In September 1940, Rolly and her friend Raymonde Jore decided to travel overseas to support the Free France movement led by Charles de Gaulle. Rolly then officially enlisted as a volunteer in the Free France forces and was given the registration number 70124. Over 50 other women also enlisted to join the Corps des Volontaires françaises, however due to the dangerous journey, the French forces decided against transporting them. However, the Governor of New Caledonia, Henri Sautot, advocated against this, and argued to de Gaulle that the readiness of the women to enlist deserved to be encouraged. de Gaulle eventually gave his permission for Jore and Rolly, the first two women to register, to make the journey.

Rolly and her friend Raymonde Jore left the archipelago on 14 February 1941 to join the Free France headquarters in London. The first leg of the journey was aboard the cargo ship Suva, which was carrying copra. During the journey, the ship was pursued by a German vessel, which previously managed to sink two ships carrying Caledonian nickel. The Suva eventually managed to evade it by frequently changing course, and landed in Australia after a seventeen-day voyage. Before reaching London, the ship also stopped in New Zealand, at New Plymouth and then Wellington. They also travelled through Panama and Canada before reaching Liverpool on 27 May. A few days later, the two were welcomed by René Pleven, the French National Committee's Minister of Foreign Affairs and former Secretary-General of New Caledonia, André Bayardelle.

After they arrived in London in June 1941, Rolly and Jore both became drivers for General Charles de Gaulle's officers. Rolly met de Gaulle in October. Afterwards, she cried on a friend's shoulder, overwhelmed and elated by the meeting, and confided that de Gaulle was "like a God" to her and that he was taking a special interest in them. She later became de Gaulle's driver.

On 5 February 1942, the French military court in Saigon sentenced Rolly to thirteen to twenty years hard labour for being an accomplice to the "delivery of territory" to a foreign power.

In 1943, twenty months after her arrival in Europe, Rolly was transferred to Nigeria where she held the rank of corporal. On 25 February 1943, she married the Oslo-born doctor Herman Beer in Lagos. Rolly also went to Brazzaville and was stationed in Bangui, Douala and Yaoundé. On 6 November 1944, she travelled to Sète, which was the first time she set foot on French soil.

She reunited with her husband in London on 31 March 1945. She returned to New Caledonia with him aboard the Sagittaire along with other New Caledonian recruits and arrived there on 21 May 1946.

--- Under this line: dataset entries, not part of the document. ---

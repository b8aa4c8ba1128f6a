-- ===== src/Transactions/Payer.antt =====
-- typescript/src/SolanaTransaction.ts: the fee payer is the first account of a message.
use chancery_integration_exa.Common.{
  ℕ, suc, ◌<◌, ◌≡◌, refl, ap, arith, true, Bool-cases, inl, inr, some, List, [], ◌∷◌, ◌++◌, All,
  take, get_elem?, ok, >>=-eq-ok,
}
use chancery_integration_exa.Base58.{KeyInput, text, normalize_public_key}
use chancery_integration_exa.Messages.{text_equals}
use chancery_integration_exa.Base58.{Text}
use chancery_integration_exa.Transactions.{
  AccountMeta, Instruction, AggregatedMeta, CompiledMessage, merge_account_meta, merge_accounts,
  merge_instructions, aggregate_account_metas, program_meta, account_order_group, goes_before,
  insert_meta, order_static_account_metas, count_matching,
}
use chancery_integration_exa.Transactions.Compiled.{compile_unversioned_message_inv}
use chancery_integration_exa.Transactions.Message.{
  meta_addresses, compile_unversioned_message, required_signatures,
}

abbrev IsLater : AggregatedMeta → Type 0
IsLater meta = 0 < meta.first_seen_index

-- The metas begin with the payer's, which alone was seen first.
abbrev IsLed : Text → List AggregatedMeta → Type 0
IsLed payer [] = ⊥
IsLed payer (meta ∷ metas) =
    (meta.address ≡ payer)
    × (meta.is_signer ≡ true)
    × (meta.is_writable ≡ true)
    × (meta.first_seen_index ≡ 0)
    × All IsLater metas

merge-IsLater :
    (metas : List AggregatedMeta) (seen : AggregatedMeta)
    → All IsLater metas
    → IsLater seen
    → All IsLater (merge_account_meta metas seen)
unfolding merge_account_meta
merge-IsLater [] seen h k = (k, tt)
merge-IsLater (meta ∷ metas) seen (p, h) k =
    elim (Bool-cases (text_equals meta.address seen.address)) [
      | inl e ↦ rw e (p, h)
      | inr e ↦ rw e (p, merge-IsLater metas seen h k)
    ]

merge-IsLed :
    (payer : Text) (metas : List AggregatedMeta) (seen : AggregatedMeta)
    → IsLed payer metas
    → IsLater seen
    → IsLed payer (merge_account_meta metas seen)
unfolding merge_account_meta
merge-IsLed payer [] seen led k = absurd led
merge-IsLed payer (meta ∷ metas) seen (a, s, w, i, h) k =
    elim (Bool-cases (text_equals meta.address seen.address)) [
      | inl e ↦ rw e (a, rw s refl, rw w refl, i, h)
      | inr e ↦ rw e (a, s, w, i, merge-IsLater metas seen h k)
    ]

merge_accounts-IsLed :
    (payer : Text) (accounts : List AccountMeta) (index : ℕ) (metas : List AggregatedMeta)
    (next : ℕ) (found : List AggregatedMeta)
    → merge_accounts accounts index metas ≡ ok (next, found)
    → 0 < index
    → IsLed payer metas
    → IsLed payer found × (0 < next)
unfolding merge_accounts
merge_accounts-IsLed payer [] index metas next found h p led =
    let same : metas ≡ found = cc in
    let place : index ≡ next = cc in (rw (← same) led, rw (← place) p)
merge_accounts-IsLed payer (account ∷ accounts) index metas next found h p led =
    let (address, named, shown) = >>=-eq-ok (normalize_public_key (text account.address)) _ h in
    merge_accounts-IsLed payer accounts (suc index) _ next found shown (omega arith)
      (merge-IsLed payer metas _ led p)

merge_instructions-IsLed :
    (payer : Text) (instructions : List Instruction) (index : ℕ) (metas found : List AggregatedMeta)
    → merge_instructions instructions index metas ≡ ok found
    → 0 < index
    → IsLed payer metas
    → IsLed payer found
unfolding merge_instructions
merge_instructions-IsLed payer [] index metas found h p led =
    let same : metas ≡ found = cc in rw (← same) led
merge_instructions-IsLed payer (i ∷ instructions) index metas found h p led =
    let (middle, merged, shown) = >>=-eq-ok (merge_accounts i.accounts index metas) _ h in
    let (address, named, rest) =
      >>=-eq-ok (normalize_public_key (text i.program_address)) _ shown in
    let (inner, q) =
      merge_accounts-IsLed payer i.accounts index metas middle.0 middle.1 merged p led in
    merge_instructions-IsLed payer instructions (suc middle.0)
      (merge_account_meta middle.1 (program_meta address middle.0)) found rest (omega arith)
      (merge-IsLed payer middle.1 (program_meta address middle.0) inner q)

aggregate-IsLed :
    (payer : Text) (instructions : List Instruction) (fee_payer : KeyInput)
    (metas : List AggregatedMeta)
    → normalize_public_key fee_payer ≡ ok payer
    → aggregate_account_metas instructions fee_payer ≡ ok metas
    → IsLed payer metas
unfolding aggregate_account_metas
aggregate-IsLed payer instructions fee_payer metas n h =
    let (named, key, shown) = >>=-eq-ok (normalize_public_key fee_payer) _ h in
    let same : named ≡ payer = cc in
    merge_instructions-IsLed payer instructions 1 _ metas shown (omega arith)
      (same, refl, refl, refl, tt)

insert_first :
    (meta : AggregatedMeta) (metas : List AggregatedMeta)
    → meta.is_signer ≡ true
    → meta.is_writable ≡ true
    → meta.first_seen_index ≡ 0
    → insert_meta meta metas ≡ meta ∷ metas
unfolding insert_meta goes_before account_order_group
insert_first meta [] s w i = refl
insert_first meta (first ∷ metas) s w i = rw (s, w, i) (ground arith)

order_first :
    (payer : Text) (metas : List AggregatedMeta)
    → IsLed payer metas
    → (get_elem? (meta_addresses (order_static_account_metas metas) ++ []) 0 ≡ some payer)
      × (get_elem?
            (take
              (required_signatures (order_static_account_metas metas))
              (meta_addresses (order_static_account_metas metas)))
            0
          ≡ some payer)
unfolding order_static_account_metas meta_addresses required_signatures count_matching
order_first payer [] led = absurd led
order_first payer (meta ∷ metas) (a, s, w, i, h) =
    rw (insert_first meta (order_static_account_metas metas) s w i) (ap some a, rw s (ap some a))

-- The account keys of a compiled message without lookup tables begin with the address of the fee
-- payer, and its signer addresses too.
pub compile_unversioned_message_payer :
    (instructions : List Instruction) (fee_payer recent_blockhash : KeyInput) (payer : Text)
    (message : CompiledMessage)
    → normalize_public_key fee_payer ≡ ok payer
    → compile_unversioned_message instructions fee_payer recent_blockhash ≡ ok message
    → (get_elem? message.account_keys 0 ≡ some payer)
      × (get_elem? message.signer_addresses 0 ≡ some payer)
compile_unversioned_message_payer instructions fee_payer recent_blockhash payer message n h =
    let (metas, merged, keys, signers, counts, written) =
      compile_unversioned_message_inv instructions fee_payer recent_blockhash message h in
    let (first, second) =
      order_first payer metas (aggregate-IsLed payer instructions fee_payer metas n merged) in
    (rw keys first, rw signers second)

== Later life and death ==
After her return to New Caledonia, Rolly became a teacher and taught at Tiebaghi Primary School, Suzanne Russier School, Faubourg-Blanchot School and the Noumea Technical College. Rolly spent her retirement in Tahiti with her husband. She died there on 11 July 1988, at the age of 71.

== Sources ==
- Defrance, Veronique (2015). "Femmes au coeur du conflit - Nouvelle-Calédonie 1939-1945"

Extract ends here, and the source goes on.